## Raw data
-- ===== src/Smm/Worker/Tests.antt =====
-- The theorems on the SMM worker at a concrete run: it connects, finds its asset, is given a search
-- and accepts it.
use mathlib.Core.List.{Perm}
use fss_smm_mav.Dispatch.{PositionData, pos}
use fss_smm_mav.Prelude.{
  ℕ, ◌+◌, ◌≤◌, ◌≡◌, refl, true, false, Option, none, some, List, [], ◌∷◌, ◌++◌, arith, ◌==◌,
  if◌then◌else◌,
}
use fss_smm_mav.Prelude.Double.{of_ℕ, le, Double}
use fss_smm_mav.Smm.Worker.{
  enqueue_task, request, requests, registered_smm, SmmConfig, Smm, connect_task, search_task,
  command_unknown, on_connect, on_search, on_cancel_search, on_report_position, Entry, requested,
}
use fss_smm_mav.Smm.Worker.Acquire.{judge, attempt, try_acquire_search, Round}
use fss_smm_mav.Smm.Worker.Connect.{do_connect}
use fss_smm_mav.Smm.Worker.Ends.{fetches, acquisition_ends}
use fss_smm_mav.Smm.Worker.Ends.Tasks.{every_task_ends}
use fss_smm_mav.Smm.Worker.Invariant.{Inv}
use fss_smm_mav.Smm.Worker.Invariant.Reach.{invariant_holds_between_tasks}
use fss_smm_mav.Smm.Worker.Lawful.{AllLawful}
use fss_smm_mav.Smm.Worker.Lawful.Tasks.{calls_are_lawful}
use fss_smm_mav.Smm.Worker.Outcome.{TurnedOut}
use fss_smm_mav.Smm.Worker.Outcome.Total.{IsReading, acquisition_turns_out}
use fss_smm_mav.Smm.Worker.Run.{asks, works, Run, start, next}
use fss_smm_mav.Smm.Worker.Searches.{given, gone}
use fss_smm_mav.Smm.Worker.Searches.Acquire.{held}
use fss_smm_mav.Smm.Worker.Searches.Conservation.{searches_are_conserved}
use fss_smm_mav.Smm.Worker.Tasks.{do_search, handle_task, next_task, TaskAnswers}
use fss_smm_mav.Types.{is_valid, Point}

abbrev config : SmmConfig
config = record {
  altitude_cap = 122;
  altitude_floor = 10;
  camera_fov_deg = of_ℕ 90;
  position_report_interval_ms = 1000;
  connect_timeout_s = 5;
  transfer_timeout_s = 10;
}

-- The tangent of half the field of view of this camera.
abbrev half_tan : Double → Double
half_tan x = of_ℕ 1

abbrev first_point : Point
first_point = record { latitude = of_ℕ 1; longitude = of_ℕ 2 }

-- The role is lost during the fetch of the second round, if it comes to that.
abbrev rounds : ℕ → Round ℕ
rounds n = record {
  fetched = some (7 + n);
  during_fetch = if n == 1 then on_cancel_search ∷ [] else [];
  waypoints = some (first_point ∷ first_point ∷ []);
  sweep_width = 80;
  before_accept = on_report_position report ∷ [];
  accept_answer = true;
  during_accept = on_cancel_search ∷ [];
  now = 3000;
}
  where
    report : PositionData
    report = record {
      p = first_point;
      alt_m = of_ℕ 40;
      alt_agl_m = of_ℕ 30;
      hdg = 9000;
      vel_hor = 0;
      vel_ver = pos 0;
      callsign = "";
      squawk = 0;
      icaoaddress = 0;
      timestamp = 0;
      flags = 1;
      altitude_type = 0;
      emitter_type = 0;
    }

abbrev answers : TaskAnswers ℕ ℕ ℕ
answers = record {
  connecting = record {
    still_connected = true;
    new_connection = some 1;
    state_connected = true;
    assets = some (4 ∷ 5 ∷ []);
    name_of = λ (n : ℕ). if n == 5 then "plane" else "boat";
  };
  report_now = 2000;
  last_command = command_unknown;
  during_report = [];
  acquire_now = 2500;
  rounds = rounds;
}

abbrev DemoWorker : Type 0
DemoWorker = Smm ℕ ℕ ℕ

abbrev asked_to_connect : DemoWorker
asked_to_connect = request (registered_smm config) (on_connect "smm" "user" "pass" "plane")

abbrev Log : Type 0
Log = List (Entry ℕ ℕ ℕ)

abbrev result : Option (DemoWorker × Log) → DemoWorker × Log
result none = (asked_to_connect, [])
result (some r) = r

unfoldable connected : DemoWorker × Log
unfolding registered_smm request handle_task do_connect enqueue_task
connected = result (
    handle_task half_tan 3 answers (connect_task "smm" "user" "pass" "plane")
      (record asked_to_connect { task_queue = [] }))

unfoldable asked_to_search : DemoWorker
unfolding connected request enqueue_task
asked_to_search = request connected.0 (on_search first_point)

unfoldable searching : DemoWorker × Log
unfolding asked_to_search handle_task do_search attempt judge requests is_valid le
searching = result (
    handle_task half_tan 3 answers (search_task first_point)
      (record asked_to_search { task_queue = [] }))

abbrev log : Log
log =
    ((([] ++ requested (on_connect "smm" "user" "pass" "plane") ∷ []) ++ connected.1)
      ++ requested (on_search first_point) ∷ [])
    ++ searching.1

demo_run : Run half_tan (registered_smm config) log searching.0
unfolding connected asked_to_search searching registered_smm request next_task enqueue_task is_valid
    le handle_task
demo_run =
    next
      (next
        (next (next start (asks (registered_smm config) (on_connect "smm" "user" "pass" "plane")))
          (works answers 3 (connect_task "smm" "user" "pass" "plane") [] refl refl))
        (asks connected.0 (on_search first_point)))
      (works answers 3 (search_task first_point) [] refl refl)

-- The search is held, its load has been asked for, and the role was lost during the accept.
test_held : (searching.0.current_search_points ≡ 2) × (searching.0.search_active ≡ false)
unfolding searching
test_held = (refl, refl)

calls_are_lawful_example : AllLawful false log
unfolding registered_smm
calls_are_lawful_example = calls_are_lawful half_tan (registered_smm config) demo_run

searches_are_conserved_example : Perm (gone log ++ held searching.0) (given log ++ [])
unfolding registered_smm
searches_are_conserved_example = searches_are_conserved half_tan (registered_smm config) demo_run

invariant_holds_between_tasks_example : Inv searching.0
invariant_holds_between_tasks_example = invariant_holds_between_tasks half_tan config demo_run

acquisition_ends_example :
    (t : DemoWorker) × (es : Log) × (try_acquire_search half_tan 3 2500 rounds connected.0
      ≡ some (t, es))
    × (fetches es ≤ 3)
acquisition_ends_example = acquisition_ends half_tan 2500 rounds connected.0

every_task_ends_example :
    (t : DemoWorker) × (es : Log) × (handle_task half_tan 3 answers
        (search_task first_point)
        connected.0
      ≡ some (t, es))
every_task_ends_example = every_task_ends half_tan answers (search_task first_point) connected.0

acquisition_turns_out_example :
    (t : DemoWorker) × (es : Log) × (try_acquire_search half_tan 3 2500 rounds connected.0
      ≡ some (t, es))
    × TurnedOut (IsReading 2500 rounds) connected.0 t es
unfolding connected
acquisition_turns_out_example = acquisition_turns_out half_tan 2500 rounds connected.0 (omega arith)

## Problem statement
Scan the listing above and work out how many lines contain the string "SmmConfig"; reply with only that number.

## Exercise answer
2